[Saved entries]
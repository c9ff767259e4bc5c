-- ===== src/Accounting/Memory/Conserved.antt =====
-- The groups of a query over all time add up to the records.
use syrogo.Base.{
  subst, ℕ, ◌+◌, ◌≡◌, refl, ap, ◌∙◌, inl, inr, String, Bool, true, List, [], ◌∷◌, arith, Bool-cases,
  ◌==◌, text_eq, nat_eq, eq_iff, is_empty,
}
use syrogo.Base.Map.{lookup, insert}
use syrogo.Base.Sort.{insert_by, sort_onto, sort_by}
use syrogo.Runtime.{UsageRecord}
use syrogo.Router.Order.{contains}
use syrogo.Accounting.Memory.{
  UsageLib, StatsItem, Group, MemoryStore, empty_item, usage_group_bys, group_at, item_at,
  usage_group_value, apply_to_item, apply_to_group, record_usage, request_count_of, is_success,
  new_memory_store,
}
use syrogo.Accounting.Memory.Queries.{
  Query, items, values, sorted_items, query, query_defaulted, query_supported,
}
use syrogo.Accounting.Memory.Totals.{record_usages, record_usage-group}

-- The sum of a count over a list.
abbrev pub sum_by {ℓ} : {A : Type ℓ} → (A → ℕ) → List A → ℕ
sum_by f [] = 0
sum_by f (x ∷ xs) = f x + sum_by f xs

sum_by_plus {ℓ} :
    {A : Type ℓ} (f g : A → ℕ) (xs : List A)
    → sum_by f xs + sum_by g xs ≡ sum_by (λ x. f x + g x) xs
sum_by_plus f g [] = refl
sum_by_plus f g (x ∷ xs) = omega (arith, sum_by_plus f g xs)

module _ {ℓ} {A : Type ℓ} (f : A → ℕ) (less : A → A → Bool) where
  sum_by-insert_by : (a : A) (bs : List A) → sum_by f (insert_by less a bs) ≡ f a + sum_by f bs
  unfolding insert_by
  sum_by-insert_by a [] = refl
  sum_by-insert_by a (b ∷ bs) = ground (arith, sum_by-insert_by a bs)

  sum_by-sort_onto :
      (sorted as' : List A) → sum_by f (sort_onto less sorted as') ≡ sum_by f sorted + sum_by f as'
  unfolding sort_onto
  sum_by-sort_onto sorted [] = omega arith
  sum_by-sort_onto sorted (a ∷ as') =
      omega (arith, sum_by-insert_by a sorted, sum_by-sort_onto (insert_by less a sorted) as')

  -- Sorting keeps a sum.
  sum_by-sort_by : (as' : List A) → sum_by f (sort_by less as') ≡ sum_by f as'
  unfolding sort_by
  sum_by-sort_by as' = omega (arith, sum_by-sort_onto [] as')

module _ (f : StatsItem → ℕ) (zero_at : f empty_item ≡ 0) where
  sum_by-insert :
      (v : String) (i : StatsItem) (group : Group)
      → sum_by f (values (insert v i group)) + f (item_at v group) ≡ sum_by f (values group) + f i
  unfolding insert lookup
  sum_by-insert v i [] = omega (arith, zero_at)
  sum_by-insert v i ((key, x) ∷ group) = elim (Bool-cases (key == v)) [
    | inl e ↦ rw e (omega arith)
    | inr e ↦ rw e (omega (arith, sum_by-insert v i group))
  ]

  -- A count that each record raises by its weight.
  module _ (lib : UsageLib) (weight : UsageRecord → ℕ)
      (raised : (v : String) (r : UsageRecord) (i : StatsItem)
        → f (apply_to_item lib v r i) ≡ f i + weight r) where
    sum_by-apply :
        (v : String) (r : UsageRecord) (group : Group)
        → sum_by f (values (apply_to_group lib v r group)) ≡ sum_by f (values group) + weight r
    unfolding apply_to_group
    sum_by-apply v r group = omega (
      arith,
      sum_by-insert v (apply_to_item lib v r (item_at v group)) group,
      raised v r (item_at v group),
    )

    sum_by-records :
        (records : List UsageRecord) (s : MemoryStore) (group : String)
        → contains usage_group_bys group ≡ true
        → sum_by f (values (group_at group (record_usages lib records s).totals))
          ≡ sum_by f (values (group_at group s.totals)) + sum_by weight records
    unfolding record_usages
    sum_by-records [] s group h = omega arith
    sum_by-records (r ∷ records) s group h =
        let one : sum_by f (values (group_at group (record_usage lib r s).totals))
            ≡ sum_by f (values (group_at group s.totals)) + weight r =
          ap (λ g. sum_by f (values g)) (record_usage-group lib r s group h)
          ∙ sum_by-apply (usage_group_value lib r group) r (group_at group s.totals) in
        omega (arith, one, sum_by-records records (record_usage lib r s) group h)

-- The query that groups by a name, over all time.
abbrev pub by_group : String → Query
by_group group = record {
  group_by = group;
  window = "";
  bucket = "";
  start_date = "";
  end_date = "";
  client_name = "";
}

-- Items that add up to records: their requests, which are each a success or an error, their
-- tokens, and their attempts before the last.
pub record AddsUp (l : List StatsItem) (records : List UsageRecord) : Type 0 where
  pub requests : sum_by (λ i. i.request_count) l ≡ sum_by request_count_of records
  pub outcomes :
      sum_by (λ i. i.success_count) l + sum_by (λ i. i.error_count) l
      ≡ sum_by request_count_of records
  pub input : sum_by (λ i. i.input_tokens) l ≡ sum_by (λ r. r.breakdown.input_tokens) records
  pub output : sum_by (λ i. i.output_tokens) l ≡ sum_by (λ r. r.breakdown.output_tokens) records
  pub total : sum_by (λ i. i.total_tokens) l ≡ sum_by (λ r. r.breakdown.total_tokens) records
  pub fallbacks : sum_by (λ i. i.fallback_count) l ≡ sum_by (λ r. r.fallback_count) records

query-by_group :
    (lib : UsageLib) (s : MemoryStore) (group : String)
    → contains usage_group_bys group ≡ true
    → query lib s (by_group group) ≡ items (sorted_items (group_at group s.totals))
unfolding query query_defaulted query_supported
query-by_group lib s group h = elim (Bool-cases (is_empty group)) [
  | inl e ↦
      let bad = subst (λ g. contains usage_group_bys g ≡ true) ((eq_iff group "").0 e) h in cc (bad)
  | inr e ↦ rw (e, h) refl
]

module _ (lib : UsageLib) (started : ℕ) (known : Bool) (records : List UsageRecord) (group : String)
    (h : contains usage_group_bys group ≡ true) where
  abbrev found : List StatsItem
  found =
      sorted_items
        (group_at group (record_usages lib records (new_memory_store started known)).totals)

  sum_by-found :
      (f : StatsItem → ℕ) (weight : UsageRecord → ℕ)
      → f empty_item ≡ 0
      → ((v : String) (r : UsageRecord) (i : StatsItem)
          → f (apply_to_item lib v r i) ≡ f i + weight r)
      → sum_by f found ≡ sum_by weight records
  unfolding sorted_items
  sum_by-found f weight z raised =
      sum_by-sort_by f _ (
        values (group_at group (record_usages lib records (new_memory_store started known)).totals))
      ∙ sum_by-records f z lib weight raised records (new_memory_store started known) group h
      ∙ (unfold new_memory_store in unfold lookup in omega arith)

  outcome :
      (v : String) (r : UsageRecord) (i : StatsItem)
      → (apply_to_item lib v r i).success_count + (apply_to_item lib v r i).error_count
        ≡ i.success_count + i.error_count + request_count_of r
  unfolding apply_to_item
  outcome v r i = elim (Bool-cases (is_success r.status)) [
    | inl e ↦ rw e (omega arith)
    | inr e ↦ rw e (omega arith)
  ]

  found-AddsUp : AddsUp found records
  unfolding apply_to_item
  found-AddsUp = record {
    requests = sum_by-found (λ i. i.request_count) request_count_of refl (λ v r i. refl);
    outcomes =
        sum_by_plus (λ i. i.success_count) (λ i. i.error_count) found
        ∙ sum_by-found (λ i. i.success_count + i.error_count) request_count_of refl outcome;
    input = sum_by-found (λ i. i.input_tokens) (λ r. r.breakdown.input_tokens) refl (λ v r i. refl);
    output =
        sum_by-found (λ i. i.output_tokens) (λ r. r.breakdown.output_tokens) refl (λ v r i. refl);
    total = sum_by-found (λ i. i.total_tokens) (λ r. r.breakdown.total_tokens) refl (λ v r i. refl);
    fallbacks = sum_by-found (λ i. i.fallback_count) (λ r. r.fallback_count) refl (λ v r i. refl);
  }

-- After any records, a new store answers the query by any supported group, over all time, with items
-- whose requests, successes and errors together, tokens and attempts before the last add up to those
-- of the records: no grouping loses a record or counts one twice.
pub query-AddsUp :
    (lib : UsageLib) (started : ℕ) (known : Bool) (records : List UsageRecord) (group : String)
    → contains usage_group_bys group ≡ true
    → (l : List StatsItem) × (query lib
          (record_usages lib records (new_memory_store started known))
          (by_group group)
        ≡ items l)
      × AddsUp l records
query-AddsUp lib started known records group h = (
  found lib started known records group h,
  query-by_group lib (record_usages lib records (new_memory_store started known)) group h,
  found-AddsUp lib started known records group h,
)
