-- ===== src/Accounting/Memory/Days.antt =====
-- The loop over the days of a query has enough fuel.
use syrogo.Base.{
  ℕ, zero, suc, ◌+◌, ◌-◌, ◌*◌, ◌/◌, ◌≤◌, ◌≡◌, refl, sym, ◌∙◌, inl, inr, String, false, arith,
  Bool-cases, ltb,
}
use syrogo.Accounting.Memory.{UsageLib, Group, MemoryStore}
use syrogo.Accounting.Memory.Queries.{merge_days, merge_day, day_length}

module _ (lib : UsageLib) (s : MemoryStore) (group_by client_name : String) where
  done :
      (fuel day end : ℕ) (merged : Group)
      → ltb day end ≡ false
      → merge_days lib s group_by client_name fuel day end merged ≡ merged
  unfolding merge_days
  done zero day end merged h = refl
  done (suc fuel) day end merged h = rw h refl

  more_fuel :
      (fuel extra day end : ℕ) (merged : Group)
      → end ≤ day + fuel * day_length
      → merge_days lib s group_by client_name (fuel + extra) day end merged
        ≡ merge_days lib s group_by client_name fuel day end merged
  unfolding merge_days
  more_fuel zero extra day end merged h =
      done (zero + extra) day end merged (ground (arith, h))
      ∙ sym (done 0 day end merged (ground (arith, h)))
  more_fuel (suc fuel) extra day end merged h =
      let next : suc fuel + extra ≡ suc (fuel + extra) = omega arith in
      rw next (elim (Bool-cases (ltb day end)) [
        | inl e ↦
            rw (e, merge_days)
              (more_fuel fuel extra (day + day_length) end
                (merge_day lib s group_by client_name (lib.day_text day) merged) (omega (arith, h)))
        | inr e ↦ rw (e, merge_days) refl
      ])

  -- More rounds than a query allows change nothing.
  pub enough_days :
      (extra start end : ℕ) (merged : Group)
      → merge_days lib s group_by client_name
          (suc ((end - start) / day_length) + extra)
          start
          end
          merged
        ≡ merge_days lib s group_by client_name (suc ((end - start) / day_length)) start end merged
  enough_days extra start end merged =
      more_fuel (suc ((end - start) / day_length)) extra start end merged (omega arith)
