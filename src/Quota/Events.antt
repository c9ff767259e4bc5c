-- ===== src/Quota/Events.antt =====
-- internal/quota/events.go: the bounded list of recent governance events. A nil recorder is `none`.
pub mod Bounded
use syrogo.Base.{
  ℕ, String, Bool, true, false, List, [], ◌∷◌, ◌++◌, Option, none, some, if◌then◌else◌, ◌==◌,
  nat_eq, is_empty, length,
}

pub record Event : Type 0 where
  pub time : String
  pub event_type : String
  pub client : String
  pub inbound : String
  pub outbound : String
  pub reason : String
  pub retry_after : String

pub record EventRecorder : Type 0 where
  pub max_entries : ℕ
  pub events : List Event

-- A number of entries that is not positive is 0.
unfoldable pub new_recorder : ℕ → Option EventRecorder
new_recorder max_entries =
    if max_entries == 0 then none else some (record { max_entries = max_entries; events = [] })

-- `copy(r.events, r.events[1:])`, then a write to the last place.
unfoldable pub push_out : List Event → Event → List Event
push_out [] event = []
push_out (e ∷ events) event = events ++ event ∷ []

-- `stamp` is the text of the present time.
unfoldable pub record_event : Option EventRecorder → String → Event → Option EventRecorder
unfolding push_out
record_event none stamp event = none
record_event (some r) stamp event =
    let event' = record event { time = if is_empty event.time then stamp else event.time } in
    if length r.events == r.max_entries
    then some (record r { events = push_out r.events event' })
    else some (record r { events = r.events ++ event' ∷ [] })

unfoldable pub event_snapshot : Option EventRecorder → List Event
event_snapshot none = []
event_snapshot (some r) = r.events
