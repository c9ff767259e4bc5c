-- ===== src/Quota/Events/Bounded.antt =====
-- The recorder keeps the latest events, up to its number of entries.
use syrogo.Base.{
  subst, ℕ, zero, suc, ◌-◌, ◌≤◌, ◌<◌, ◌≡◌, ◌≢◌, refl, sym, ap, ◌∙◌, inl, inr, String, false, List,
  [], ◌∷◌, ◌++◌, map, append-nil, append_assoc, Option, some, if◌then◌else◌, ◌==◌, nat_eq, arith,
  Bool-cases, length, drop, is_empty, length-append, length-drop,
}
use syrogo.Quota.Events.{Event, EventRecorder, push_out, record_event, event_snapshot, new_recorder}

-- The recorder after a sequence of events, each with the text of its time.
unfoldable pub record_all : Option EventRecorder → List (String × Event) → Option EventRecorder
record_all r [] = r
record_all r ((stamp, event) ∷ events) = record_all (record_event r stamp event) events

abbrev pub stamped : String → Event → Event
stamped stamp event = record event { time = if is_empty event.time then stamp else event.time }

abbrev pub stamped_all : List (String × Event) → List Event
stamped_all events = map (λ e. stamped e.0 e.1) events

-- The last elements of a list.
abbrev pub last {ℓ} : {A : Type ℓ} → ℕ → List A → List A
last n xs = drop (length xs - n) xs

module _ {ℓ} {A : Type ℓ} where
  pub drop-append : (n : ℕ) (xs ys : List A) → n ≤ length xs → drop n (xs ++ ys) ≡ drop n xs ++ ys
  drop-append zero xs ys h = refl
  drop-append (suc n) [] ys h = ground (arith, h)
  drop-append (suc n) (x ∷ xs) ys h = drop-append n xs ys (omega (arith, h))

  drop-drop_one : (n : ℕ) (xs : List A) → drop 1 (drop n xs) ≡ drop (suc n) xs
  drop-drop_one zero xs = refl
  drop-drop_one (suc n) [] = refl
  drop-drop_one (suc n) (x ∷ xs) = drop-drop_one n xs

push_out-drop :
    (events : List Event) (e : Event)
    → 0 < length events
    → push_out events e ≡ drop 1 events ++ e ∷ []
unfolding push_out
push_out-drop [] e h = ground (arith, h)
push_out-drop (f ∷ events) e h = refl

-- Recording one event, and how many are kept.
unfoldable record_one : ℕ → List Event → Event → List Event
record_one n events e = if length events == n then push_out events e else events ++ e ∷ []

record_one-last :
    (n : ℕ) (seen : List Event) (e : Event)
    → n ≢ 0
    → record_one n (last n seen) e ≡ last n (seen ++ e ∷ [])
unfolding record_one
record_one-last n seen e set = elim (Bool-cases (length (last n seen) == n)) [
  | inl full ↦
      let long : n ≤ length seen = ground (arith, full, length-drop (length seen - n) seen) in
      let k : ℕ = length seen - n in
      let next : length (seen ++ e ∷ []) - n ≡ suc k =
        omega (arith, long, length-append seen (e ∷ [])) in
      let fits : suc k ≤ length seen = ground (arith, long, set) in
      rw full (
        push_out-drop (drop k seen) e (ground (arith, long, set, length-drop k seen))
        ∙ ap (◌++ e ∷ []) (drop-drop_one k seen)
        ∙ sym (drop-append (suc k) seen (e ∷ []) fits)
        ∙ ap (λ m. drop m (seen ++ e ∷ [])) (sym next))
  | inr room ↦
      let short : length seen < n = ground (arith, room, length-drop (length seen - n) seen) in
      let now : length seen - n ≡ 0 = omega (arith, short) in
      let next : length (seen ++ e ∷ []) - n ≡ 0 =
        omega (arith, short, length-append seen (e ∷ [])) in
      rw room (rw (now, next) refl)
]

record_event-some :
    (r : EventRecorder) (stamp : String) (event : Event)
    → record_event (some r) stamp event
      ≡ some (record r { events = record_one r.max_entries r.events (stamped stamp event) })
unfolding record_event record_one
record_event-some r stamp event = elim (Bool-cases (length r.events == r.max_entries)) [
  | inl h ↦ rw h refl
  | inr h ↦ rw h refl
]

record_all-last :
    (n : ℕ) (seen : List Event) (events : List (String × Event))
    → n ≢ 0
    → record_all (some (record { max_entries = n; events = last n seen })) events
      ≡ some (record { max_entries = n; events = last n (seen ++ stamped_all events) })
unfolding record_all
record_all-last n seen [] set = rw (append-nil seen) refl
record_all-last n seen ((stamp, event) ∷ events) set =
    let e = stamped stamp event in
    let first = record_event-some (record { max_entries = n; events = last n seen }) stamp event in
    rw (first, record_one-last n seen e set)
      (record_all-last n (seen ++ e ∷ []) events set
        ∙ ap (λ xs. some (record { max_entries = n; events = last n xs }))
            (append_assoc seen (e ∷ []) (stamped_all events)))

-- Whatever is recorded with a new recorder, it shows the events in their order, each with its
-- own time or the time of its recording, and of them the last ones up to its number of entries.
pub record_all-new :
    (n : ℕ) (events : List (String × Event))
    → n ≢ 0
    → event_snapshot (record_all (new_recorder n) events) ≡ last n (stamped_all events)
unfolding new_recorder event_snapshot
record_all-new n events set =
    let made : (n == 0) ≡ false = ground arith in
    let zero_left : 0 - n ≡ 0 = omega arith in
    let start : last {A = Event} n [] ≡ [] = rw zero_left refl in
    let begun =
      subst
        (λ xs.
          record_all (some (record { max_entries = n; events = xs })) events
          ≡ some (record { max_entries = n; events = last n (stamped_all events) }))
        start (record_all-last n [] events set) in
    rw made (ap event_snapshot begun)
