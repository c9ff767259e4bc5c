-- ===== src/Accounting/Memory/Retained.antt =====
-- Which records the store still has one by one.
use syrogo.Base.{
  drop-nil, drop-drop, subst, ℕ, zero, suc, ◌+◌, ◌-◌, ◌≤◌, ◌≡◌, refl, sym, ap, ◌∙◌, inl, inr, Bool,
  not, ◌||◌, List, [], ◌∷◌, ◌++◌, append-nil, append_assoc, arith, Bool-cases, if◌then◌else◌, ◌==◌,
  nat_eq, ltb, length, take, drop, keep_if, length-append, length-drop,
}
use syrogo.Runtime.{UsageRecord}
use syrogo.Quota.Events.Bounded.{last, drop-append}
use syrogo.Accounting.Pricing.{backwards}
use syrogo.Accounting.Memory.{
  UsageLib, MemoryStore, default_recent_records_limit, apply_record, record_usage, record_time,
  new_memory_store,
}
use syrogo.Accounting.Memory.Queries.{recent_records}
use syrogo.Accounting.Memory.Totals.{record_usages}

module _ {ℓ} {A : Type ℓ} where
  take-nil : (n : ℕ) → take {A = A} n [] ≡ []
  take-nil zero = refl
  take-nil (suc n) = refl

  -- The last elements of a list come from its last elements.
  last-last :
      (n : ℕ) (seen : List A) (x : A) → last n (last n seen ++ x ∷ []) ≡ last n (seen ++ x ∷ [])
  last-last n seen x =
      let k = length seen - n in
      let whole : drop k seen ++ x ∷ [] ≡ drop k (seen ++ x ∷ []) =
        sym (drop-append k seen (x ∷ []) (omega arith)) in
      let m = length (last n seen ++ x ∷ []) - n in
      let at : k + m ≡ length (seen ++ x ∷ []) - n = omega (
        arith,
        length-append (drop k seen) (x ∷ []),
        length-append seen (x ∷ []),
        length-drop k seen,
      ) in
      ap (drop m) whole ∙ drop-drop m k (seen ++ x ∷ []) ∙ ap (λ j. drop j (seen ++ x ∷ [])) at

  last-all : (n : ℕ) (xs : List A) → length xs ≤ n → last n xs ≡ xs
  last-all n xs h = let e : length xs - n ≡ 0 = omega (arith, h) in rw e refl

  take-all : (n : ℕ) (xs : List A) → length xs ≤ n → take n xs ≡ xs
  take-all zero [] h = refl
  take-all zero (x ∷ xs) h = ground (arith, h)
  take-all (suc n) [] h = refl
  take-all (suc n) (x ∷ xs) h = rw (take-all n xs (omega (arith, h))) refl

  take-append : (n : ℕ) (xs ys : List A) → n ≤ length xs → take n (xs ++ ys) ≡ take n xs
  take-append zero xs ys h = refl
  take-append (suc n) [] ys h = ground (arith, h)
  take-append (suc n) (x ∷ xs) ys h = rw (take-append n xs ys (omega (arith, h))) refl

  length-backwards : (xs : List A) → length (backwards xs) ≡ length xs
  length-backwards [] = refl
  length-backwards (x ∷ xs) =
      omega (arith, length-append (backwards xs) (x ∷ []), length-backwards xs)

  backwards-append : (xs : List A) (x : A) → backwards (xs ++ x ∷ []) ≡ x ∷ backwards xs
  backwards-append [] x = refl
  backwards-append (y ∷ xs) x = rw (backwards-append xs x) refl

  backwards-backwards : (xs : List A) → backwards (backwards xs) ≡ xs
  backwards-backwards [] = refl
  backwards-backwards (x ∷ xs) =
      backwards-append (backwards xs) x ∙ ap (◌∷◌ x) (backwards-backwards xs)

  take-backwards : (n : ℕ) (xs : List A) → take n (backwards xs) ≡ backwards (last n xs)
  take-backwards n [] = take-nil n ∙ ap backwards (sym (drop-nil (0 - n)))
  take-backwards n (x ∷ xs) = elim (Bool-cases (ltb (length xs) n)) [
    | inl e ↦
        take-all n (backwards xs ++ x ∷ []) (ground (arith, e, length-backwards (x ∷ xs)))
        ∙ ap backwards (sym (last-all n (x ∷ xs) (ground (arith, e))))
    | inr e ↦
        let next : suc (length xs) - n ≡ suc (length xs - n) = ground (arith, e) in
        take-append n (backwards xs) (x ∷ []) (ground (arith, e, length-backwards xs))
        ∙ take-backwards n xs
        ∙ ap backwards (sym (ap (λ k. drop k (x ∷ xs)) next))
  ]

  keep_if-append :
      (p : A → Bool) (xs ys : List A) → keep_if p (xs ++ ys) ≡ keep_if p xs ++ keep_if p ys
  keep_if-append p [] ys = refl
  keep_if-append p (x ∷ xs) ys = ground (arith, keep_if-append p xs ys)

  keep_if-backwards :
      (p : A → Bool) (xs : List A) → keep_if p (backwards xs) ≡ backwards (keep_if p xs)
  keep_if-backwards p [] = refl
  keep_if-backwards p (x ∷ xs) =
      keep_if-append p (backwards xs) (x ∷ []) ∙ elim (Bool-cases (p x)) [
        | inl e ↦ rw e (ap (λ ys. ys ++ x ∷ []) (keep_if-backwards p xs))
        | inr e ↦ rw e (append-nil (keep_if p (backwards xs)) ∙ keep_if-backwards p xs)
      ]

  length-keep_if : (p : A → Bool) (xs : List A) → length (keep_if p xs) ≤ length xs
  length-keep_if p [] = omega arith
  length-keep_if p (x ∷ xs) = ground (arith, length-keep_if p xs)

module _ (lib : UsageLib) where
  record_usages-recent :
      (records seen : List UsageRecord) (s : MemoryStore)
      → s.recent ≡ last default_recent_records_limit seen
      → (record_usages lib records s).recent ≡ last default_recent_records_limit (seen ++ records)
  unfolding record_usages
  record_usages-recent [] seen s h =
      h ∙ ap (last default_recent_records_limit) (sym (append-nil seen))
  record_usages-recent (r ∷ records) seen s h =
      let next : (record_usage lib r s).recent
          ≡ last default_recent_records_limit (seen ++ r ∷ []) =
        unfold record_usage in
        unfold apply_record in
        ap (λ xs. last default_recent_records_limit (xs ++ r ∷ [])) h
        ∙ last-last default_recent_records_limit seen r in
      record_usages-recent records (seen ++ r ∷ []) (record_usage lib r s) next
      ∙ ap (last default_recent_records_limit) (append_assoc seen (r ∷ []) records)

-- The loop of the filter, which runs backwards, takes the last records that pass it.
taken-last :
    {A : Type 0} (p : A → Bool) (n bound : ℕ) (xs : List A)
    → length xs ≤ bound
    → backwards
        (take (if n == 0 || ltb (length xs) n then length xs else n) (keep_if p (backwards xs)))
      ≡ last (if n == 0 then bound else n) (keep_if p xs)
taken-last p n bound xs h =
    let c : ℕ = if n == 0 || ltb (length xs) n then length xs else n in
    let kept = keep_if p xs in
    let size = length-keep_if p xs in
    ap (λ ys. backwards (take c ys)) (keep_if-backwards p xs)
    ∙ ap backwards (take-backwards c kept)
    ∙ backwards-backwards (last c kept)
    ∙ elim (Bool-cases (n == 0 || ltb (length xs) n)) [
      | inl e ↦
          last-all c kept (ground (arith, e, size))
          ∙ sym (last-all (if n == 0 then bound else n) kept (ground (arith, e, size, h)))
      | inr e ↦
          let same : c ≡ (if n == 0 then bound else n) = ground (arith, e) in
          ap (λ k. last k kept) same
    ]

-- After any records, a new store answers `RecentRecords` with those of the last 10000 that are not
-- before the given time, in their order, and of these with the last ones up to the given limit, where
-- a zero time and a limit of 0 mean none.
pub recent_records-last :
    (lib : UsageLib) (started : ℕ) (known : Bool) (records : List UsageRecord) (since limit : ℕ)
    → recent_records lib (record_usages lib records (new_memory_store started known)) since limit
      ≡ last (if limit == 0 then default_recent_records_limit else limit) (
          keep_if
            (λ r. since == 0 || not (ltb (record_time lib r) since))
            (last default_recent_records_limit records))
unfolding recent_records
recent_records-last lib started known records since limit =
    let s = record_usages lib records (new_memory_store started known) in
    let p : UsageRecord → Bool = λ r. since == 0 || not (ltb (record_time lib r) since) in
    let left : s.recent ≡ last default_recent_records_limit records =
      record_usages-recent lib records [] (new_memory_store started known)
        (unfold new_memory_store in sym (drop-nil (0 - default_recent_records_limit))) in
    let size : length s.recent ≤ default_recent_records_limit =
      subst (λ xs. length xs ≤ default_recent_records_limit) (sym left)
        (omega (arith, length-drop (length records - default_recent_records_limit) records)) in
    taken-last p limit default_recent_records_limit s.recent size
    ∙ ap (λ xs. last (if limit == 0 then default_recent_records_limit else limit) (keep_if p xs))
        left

[Directions for this task] Pull out every line of the records that includes the string "Option".

[Output below]
  ℕ, String, Bool, true, false, List, [], ◌∷◌, ◌++◌, Option, none, some, if◌then◌else◌, ◌==◌,
unfoldable pub new_recorder : ℕ → Option EventRecorder
unfoldable pub record_event : Option EventRecorder → String → Event → Option EventRecorder
unfoldable pub event_snapshot : Option EventRecorder → List Event
  [], ◌∷◌, ◌++◌, map, append-nil, append_assoc, Option, some, if◌then◌else◌, ◌==◌, nat_eq, arith,
unfoldable pub record_all : Option EventRecorder → List (String × Event) → Option EventRecorder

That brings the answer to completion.